If something is different she notices it, pauses for a moment, and investigates. Loud noises or activity does not bother her. She does bark at the vacuum, but to me it seems like play as there is no avoidance nor getting quiet after a while-she goes after it like prey.....almost as much fun as chasing squirrels!


----------



## EastGSD (Jul 8, 2001)

I personally like dog with courage not "fearlessness." To me a fearless dog is a liability in what it will attempt to involve itself in. Fear is a healthy emotional response and a natural one, it is how fear is handled that is important. A couragous dog knows the fear and feels it but chooses to take it on, a fearless dog gives no thought whatsoever and may put itself at risk.

Cherri


----------



## Catu (Sep 6, 2007)

I understand what you mean... I once had a ferret who was absolutely fearless. He couldn't have a minute with unattended freedom or he could find ten ways to kill himself.


----------



## RubyTuesday (Jan 20, 2008)

Sam spent her 1st 8yrs in the country. She moved into my hectic urban neighborhood as though born to it. She's unperturbed by gunfire, fights, sirens, screaming, rowdy children, gen'l mayhem & chaos. She's calm, aloof but not hostile, with everyone she meets. From what I've seen, she lacks the suspicion necessary for guarding behavior but I prefer it that way. I've seen too many dogs get themselves in trouble with overly protective behavior. She's equally courteous & unflappable with other dogs, small or large, & other pets whether cats or birds. 
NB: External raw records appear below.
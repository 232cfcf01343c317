-- ===== src/Ingress/Validate/Tests.antt =====
-- Runs of the theorems on validated rules.
use shitflared.Prelude.{ℕ, ◌≡◌, ◌⊎◌, refl, arith, Bool, List, [], ◌∷◌, none, some, length}
use shitflared.Prelude.Text.{codes, same_text, has_prefix}
use shitflared.Ingress.HostPort.{split_host_port, without_port}
use shitflared.Ingress.Origin.{no_settings, default_config}
use shitflared.Ingress.Origin.Override.{set_config}
use shitflared.Ingress.Rules.{
  Libraries, Rule, Ingress, negsuc, pos, find_matching_rule, UnvalidatedRule, status_code, right,
  parse_status, validate_hostname,
}
use shitflared.Ingress.Rules.Find.{FirstMatch, NoMatch}
use shitflared.Ingress.Validate.{
  status_service, parse_service, check_access, punycode, compile_path, validate_rule, validate_from,
  validate_ingress,
}
use shitflared.Ingress.Validate.Shape.{AllOk, validate_ingress-AllOk, validated_rule_is_found}

-- Libraries that know no URL and no network, and patterns that match a path as it is.
abbrev plain_libraries : Libraries
plain_libraries = record {
  parse_url = λ text. none;
  compile = λ text. some (same_text text);
  parse_cidr = λ text. none;
  to_ascii = λ text. some text;
}

abbrev written : List UnvalidatedRule
written =
    record {
      hostname = codes "*.example.com";
      path = codes "/a";
      service = codes "http_status:200";
      origin_request = no_settings;
    }
    ∷ record {
      hostname = [];
      path = [];
      service = codes "http_status:404";
      origin_request = no_settings;
    }
    ∷ []

abbrev made : Ingress
made = record {
  internal_rules = [];
  rules =
      record {
        hostname = codes "*.example.com";
        punycode_hostname = [];
        path = some (same_text (codes "/a"));
        service = status_code 200;
        verifies_access = Bool.false;
        config = default_config;
      }
      ∷ record {
        hostname = [];
        punycode_hostname = [];
        path = none;
        service = status_code 404;
        verifies_access = Bool.false;
        config = default_config;
      }
      ∷ [];
  defaults = default_config;
}

validate_ingress-made : validate_ingress plain_libraries written default_config ≡ right made
unfolding validate_ingress validate_from validate_rule parse_service status_service parse_status
    check_access punycode compile_path validate_hostname split_host_port set_config same_text
    has_prefix
validate_ingress-made = refl

validate_ingress-AllOk_example : AllOk made.rules × (length made.rules ≡ length written)
validate_ingress-AllOk_example =
    validate_ingress-AllOk plain_libraries written default_config made validate_ingress-made

validated_rule_is_found_example :
    ((r : Rule) × ((i : ℕ) × ((find_matching_rule
              (record made { internal_rules = [] })
              (codes "b.example.com:443")
              (codes "/a")
            ≡ some (r, negsuc i))
          × FirstMatch [] (without_port (codes "b.example.com:443")) (codes "/a") r i)))
    ⊎ (NoMatch [] (without_port (codes "b.example.com:443")) (codes "/a")
        × ((r : Rule) × ((i : ℕ) × ((find_matching_rule
                    (record made { internal_rules = [] })
                    (codes "b.example.com:443")
                    (codes "/a")
                  ≡ some (r, pos i))
                × FirstMatch made.rules
                    (without_port (codes "b.example.com:443"))
                    (codes "/a")
                    r
                    i))))
validated_rule_is_found_example =
    validated_rule_is_found plain_libraries written default_config made []
      (codes "b.example.com:443") (codes "/a") validate_ingress-made (omega arith)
Djibouti is her grandson & appears to be (a*hem)less dignified(under 5mos old, he's still a baby), but her equal in equanimity, with a pleasant nature that's kindly disposed towards people, other dogs, both larger & smaller, as well as cats & birds. Despite his youth he's especially considerate & gentle with small children!

They couldn't be better, IMO, even if I'd been able to special order their temperaments & personalities.


----------



## SunCzarina (Nov 24, 2000)

> Originally Posted By: LicanAntai It was not a game, it was not prey drive, she really wanted that thing dead.


That's Morgan with the vacuum. She was 5 years old before I could convince her not to attack the vacuum. She killed 3 while they were minding they're own business sitting in the basement - UNPLUGGED!

Her new thing is the icecream maker. I've used it 3 times and it makes a god awful noise. Morgan comes running in like it's some squirrel that must be chased away from the bird feeder. Then she sees my son Jimmy, who she adores, is fascinated with watching the drum spin. 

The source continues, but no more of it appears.